Now, however preposterous it may at first seem to talk of any creature's

skin as being of that sort of consistence and thickness, yet in point

of fact these are no arguments against such a presumption; because you

cannot raise any other dense enveloping layer from the whale's body

but that same blubber; and the outermost enveloping layer of any animal,

if reasonably dense, what can that be but the skin?  True, from the

unmarred dead body of the whale, you may scrape off with your hand an

infinitely thin, transparent substance, somewhat resembling the thinnest

shreds of isinglass, only it is almost as flexible and soft as satin;

that is, previous to being dried, when it not only contracts and thickens,

but becomes rather hard and brittle.  I have several such dried bits,

which I use for marks in my whale-books. It is transparent, as I

said before; and being laid upon the printed page, I have sometimes

pleased myself with fancying it exerted a magnifying influence.

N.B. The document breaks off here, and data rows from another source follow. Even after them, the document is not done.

-- ===== src/SourceDeploy/Engine/Replacement.antt =====
-- The replacement of the files, and its rollback.
use fleetdeck.Prelude.{
  ◌≡◌, refl, ◌≢◌, inl, inr, Bool, true, false, Option, none, some, List, [], ◌∷◌, ◌++◌, String,
  Bool-cases, all, All,
}
use fleetdeck.SourceDeploy.Types.{
  Options, Event, edge_prepared, upped, replaced, restored, status_set, History, ApplyError, Run,
  ◌>>>◌, pure, fail, note, perform,
}
use fleetdeck.SourceDeploy.Staging.{Server}
use fleetdeck.SourceDeploy.Keeps.{Keeps}
use fleetdeck.SourceDeploy.Engine.{
  replace_failed, status_failed, edge_failed, Commands, restore_each, restore_source, undo, abandon,
  copied, copy_file, replace_files, edge_answered, prepare_edge, note_up, set_healthy, finish_up,
  start_services, write_source,
}
use fleetdeck.SourceDeploy.Names.{drop_one_within, none_within, add_within}
use fleetdeck.SourceDeploy.Runtime.{mem}
use fleetdeck.SourceDeploy.Engine.Order.{
  Has, Saw-now, unrestored, Follows, Ended, Clean, Clean-Ended, Post, bind-Post, keep-Post,
  perform-Post,
}
use fleetdeck.SourceDeploy.Engine.Snapshot.{IsBuilt, Safe-more}

module _ (server : Server) (commands : Commands) (o : Options) where
  abbrev pub AllReplaced : List String → History → Type 0
  AllReplaced names h = All (λ n. Has (replaced n) h) names

  AllReplaced-more :
      (names : List String) (v : Event) (h : History)
      → AllReplaced names h
      → AllReplaced names (v ∷ h)
  AllReplaced-more [] v h p = tt
  AllReplaced-more (name ∷ names) v h (p, ps) = (inr p, AllReplaced-more names v h ps)

  AllReplaced-end :
      (names : List String) (name : String) (h : History)
      → AllReplaced names h
      → Has (replaced name) h
      → AllReplaced (names ++ (name ∷ [])) h
  AllReplaced-end [] name h p q = (q, tt)
  AllReplaced-end (x ∷ names) name h (p, ps) q = (p, AllReplaced-end names name h ps q)

  -- The files written so far: those replaced and not restored are among them.
  abbrev pub IsWritten : List String → Run → Type 0
  IsWritten written r =
      (all (λ y. mem y written) (unrestored r.history) ≡ true) × AllReplaced written r.history

  restore_each-Clean :
      (names : List String) (r : Run)
      → Follows server commands o r.history
      → IsWritten names r
      → Clean server commands o (restore_each server commands o names r)
  unfolding restore_each Follows unrestored
  restore_each-Clean [] r f (w, a) = (f, none_within (unrestored r.history) w)
  restore_each-Clean (name ∷ names) r f (w, (a, rest)) =
      restore_each-Clean names (record r { history = restored name ∷ r.history }) (a, f)
        (
          drop_one_within name names (unrestored r.history) w,
          AllReplaced-more names (restored name) r.history rest,
        )

  restore_source-Ended :
      (id : String) (written : List String) (r : Run)
      → r.snapshot ≡ some id
      → Follows server commands o r.history
      → IsWritten written r
      → Ended server commands o (restore_source server commands o id written r)
  restore_source-Ended id written r taken f w =
      elim (Bool-cases (commands.open_snapshot id r.history)) [
        | inl opened ↦ simp opened (
            Clean-Ended server commands o (restore_each server commands o written r)
              (restore_each-Clean written r f w))
        | inr closed ↦ simp closed (
          f,
          λ other same_snapshot.
              inr (Saw-now (λ h. commands.open_snapshot other h ≡ false) r.history cc),
        )
      ]

  not_taken : (r : Run) (id : String) → r.snapshot ≡ none → r.snapshot ≢ some id
  not_taken r id e h = cc

  undo-Ended :
      (id : Option String) (written : List String) (r : Run)
      → r.snapshot ≡ id
      → Follows server commands o r.history
      → IsWritten written r
      → Ended server commands o (undo server commands o id written r)
  undo-Ended none written r taken f w =
      (f, λ other some_taken. absurd (not_taken r other taken some_taken))
  undo-Ended (some id) written r taken f w = restore_source-Ended id written r taken f w

  abandon-Post :
      {A : Type 0} (G : A → Run → Type 0) (written : List String) (e : ApplyError) (r : Run)
      → Follows server commands o r.history
      → IsWritten written r
      → Post server commands o G (abandon server commands o {A = A} written e r)
  unfolding abandon
  abandon-Post G written e r f w = undo-Ended r.snapshot written r refl f w

  abbrev pub Replacing : List String → Run → Type 0
  Replacing written r = IsBuilt server commands o r × IsWritten written r

  copied-Post :
      (b : Bool) (name : String) (written : List String) (r : Run)
      → Replacing written r
      → Post server commands o Replacing (copied server commands o b name written r)
  unfolding copied ◌>>>◌ note pure Follows unrestored
  copied-Post true name written r ((f, safe, had), (w, a)) = (
    (((had, safe), f), (Safe-more server commands o) (replaced name) r.history safe, inr had),
    (
      add_within name written (unrestored r.history) w,
      AllReplaced-end written name (replaced name ∷ r.history)
          (AllReplaced-more written (replaced name) r.history a) (inl refl),
    ),
  )
  copied-Post false name written r ((f, safe, had), w) =
      abandon-Post Replacing written replace_failed r f w

  replace_files-Post :
      (names written : List String) (r : Run)
      → Replacing written r
      → Post server commands o Replacing (replace_files server commands o names written r)
  unfolding replace_files copy_file pure
  replace_files-Post [] written r p = p
  replace_files-Post (name ∷ names) written r p =
      bind-Post server commands o Replacing Replacing _ _ r
        (copied-Post (commands.copy name r.history) name written r p)
        (λ extended t q. replace_files-Post names extended t q)

  abbrev pub IsEdged : Run → Type 0
  IsEdged r = Follows server commands o r.history × Has edge_prepared r.history

  edge_answered-Post :
      (b : Bool) (written : List String) (r : Run)
      → Replacing written r
      → Post server commands o (λ a. IsEdged) (edge_answered server commands o b written r)
  unfolding edge_answered note Follows
  edge_answered-Post true written r ((f, safe, had), w) = ((had, f), inl refl)
  edge_answered-Post false written r ((f, safe, had), w) = abandon-Post _ written edge_failed r f w

  set_healthy-Clean : Keeps (Clean server commands o) (set_healthy server commands o)
  unfolding set_healthy
  set_healthy-Clean = record { kept = λ r p. p }

  running-Post :
      (r : Run)
      → Clean server commands o r
      → Has (upped true) r.history
      → Post server commands o
          (λ a. Clean server commands o)
          ((perform (commands.set_status "running") (status_set "running") status_failed >>> λ _.
              set_healthy server commands o)
            r)
  unfolding Follows unrestored
  running-Post r (f, c) had =
      bind-Post server commands o (λ a. Clean server commands o) (λ a. Clean server commands o) _ _
        r
        (perform-Post server commands o _ _ _ _ r (Clean-Ended server commands o r (f, c))
          ((inl (refl, had), f), c))
        (λ a t p.
          keep-Post server commands o (Clean server commands o) _ t (Clean-Ended server commands o)
            set_healthy-Clean p)

  finish_up-Post :
      (b : Bool) (r : Run)
      → IsEdged r
      → Post server commands o (λ a. Clean server commands o) (finish_up server commands o b r)
  unfolding finish_up ◌>>>◌ note_up note fail Follows unrestored
  finish_up-Post true r (f, had) =
      running-Post (record r { stopped = []; history = upped true ∷ r.history }) ((had, f), refl)
        (inl refl)
  finish_up-Post false r (f, had) =
      Clean-Ended server commands o
        (record r { stopped = []; history = status_set "failed" ∷ upped false ∷ r.history })
        ((inr (refl, inl refl), (had, f)), refl)

  all_refl : (names : List String) → names ≡ [] → all (λ y. mem y []) names ≡ true
  all_refl names e = rw e refl

  pub write_source-Post :
      (updates : List String) (r : Run)
      → IsBuilt server commands o r × (unrestored r.history ≡ [])
      → Post server commands o
          (λ a. Clean server commands o)
          (write_source server commands o updates r)
  unfolding write_source prepare_edge start_services
  write_source-Post updates r (p, c) =
      bind-Post server commands o Replacing (λ a. Clean server commands o) _ _ r
        (replace_files-Post updates [] r (p, (all_refl (unrestored r.history) c, tt)))
        (λ written t q.
          bind-Post server commands o (λ a. IsEdged) (λ a. Clean server commands o) _ _ t
            (edge_answered-Post (commands.prepare_edge t.history) written t q)
            (λ a u e. finish_up-Post (commands.up u.history) u e))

At any rate, it is pleasant to read about whales through their

own spectacles, as you may say.  But what I am driving at here is this.

That same infinitely thin, isinglass substance, which, I admit,

invests the entire body of the whale, is not so much to be regarded

as the skin of the creature, as the skin of the skin, so to speak; for it

were simply ridiculous to say, that the proper skin of the tremendous

whale is thinner and more tender than the skin of a new-born child.

But no more of this.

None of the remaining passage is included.